Search the entries for the word "Bool" and return every line where it is found.

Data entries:
---------------
-- ===== src/Listing/Texts.antt =====
-- The search for a text in another one, whatever the case of the letters (`toLower` and `find` in
-- libraries/dbal/production/src/entities/page/crud/search_pages.hpp).
use dbal.Prelude.{
  ℕ, ◌+◌, ◌≤◌, ◌==◌, String, ◌≡◌, ◌⊎◌, ◌↔◌, refl, ap, arith, true, List, [], ◌∷◌, ◌++◌, map, codes,
  Bool-cases, inl, inr,
}
use dbal.Listing.{lower_code, starts_with, has_infix, contains_insensitive}

-- The same letter of "A" to "Z", in upper or in lower case, or the same byte.
abbrev pub SameLetter : ℕ → ℕ → Type 0
SameLetter a b =
    (a ≡ b) ⊎ (((65 ≤ a) × (a ≤ 90) × (b ≡ a + 32)) ⊎ ((65 ≤ b) × (b ≤ 90) × (a ≡ b + 32)))

-- Two texts that differ in the case of their letters at most.
pub data SameLetters : List ℕ → List ℕ → Type 0 where
  no_letters : SameLetters [] []
  letters :
      {x y : ℕ} {xs ys : List ℕ}
      → SameLetter x y
      → SameLetters xs ys
      → SameLetters (x ∷ xs) (y ∷ ys)

-- The text is some bytes, then the query in any case, then more bytes.
pub ContainsInsensitive : String → String → Type 0
ContainsInsensitive text query =
    (front found back : List ℕ) × (codes text ≡ front ++ (found ++ back))
    × SameLetters found (codes query)

same_of_lower : (a b : ℕ) → lower_code a ≡ lower_code b → SameLetter a b
same_of_lower a b h = ground arith

lower_of_same : (a b : ℕ) → SameLetter a b → lower_code a ≡ lower_code b
lower_of_same a b h = ground arith

equal : (a b : ℕ) → (a == b) ≡ true → a ≡ b
equal a b h = ground arith

equal_refl : (a : ℕ) → (a == a) ≡ true
equal_refl a = ground arith

Starts : List ℕ → List ℕ → Type 0
Starts xs ys = (found back : List ℕ) × (xs ≡ found ++ back) × SameLetters found ys

Starts-starts_with :
    (xs ys : List ℕ) → starts_with (map lower_code xs) (map lower_code ys) ≡ true → Starts xs ys
unfolding starts_with Starts
Starts-starts_with xs [] h = ([], xs, refl, no_letters)
Starts-starts_with [] (y ∷ ys) h = absurd (cc)
Starts-starts_with (x ∷ xs) (y ∷ ys) h = elim (Bool-cases (lower_code x == lower_code y)) [
  | inl e ↦
      let (found, back, split, same) = Starts-starts_with xs ys (rw e at h) in
      (
        x ∷ found,
        back,
        ap (λ (l : List ℕ). x ∷ l) split,
        letters (same_of_lower x y (equal (lower_code x) (lower_code y) e)) same,
      )
  | inr e ↦ absurd (cc (rw e at h))
]

starts_with_of_letters :
    {found ys : List ℕ} (back : List ℕ)
    → SameLetters found ys
    → starts_with (map lower_code (found ++ back)) (map lower_code ys) ≡ true
unfolding starts_with
starts_with_of_letters [] no_letters = refl
starts_with_of_letters (b ∷ back) no_letters = refl
starts_with_of_letters back (letters {x} {y} e es) =
    rw (lower_of_same x y e, equal_refl (lower_code y)) (starts_with_of_letters back es)

Within : List ℕ → List ℕ → Type 0
Within xs ys = (front found back : List ℕ) × (xs ≡ front ++ (found ++ back)) × SameLetters found ys

Within-has_infix :
    (xs ys : List ℕ) → has_infix (map lower_code xs) (map lower_code ys) ≡ true → Within xs ys
unfolding has_infix Within Starts
Within-has_infix [] ys h =
    let (found, back, split, same) = Starts-starts_with [] ys h in ([], found, back, split, same)
Within-has_infix (x ∷ xs) ys h =
    elim (Bool-cases (starts_with (map lower_code (x ∷ xs)) (map lower_code ys))) [
      | inl e ↦
          let (found, back, split, same) = Starts-starts_with (x ∷ xs) ys e in
          ([], found, back, split, same)
      | inr e ↦
          let (front, found, back, split, same) = Within-has_infix xs ys (rw e at h) in
          (x ∷ front, found, back, ap (λ (l : List ℕ). x ∷ l) split, same)
    ]

has_infix-starts : (xs ys : List ℕ) → starts_with xs ys ≡ true → has_infix xs ys ≡ true
unfolding has_infix
has_infix-starts [] ys h = h
has_infix-starts (x ∷ xs) ys h = rw h refl

has_infix_of_letters :
    (front : List ℕ) {found ys : List ℕ} (back : List ℕ)
    → SameLetters found ys
    → has_infix (map lower_code (front ++ (found ++ back))) (map lower_code ys) ≡ true
unfolding has_infix
has_infix_of_letters [] {found} {ys} back same =
    has_infix-starts (map lower_code (found ++ back)) (map lower_code ys)
      (starts_with_of_letters back same)
has_infix_of_letters (x ∷ front) back same = ground (arith, has_infix_of_letters front back same)

-- The search finds the query exactly where the text contains it in any case.
pub contains_insensitive-ContainsInsensitive :
    (text query : String)
    → (contains_insensitive text query ≡ true) ↔ ContainsInsensitive text query
unfolding contains_insensitive ContainsInsensitive Within
contains_insensitive-ContainsInsensitive text query = (
  λ h. Within-has_infix (codes text) (codes query) h,
  λ (front, found, back, split, same). rw split (has_infix_of_letters front back same),
)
---------------
Task answer:
  Bool-cases, inl, inr,
Starts-starts_with (x ∷ xs) (y ∷ ys) h = elim (Bool-cases (lower_code x == lower_code y)) [
    elim (Bool-cases (starts_with (map lower_code (x ∷ xs)) (map lower_code ys))) [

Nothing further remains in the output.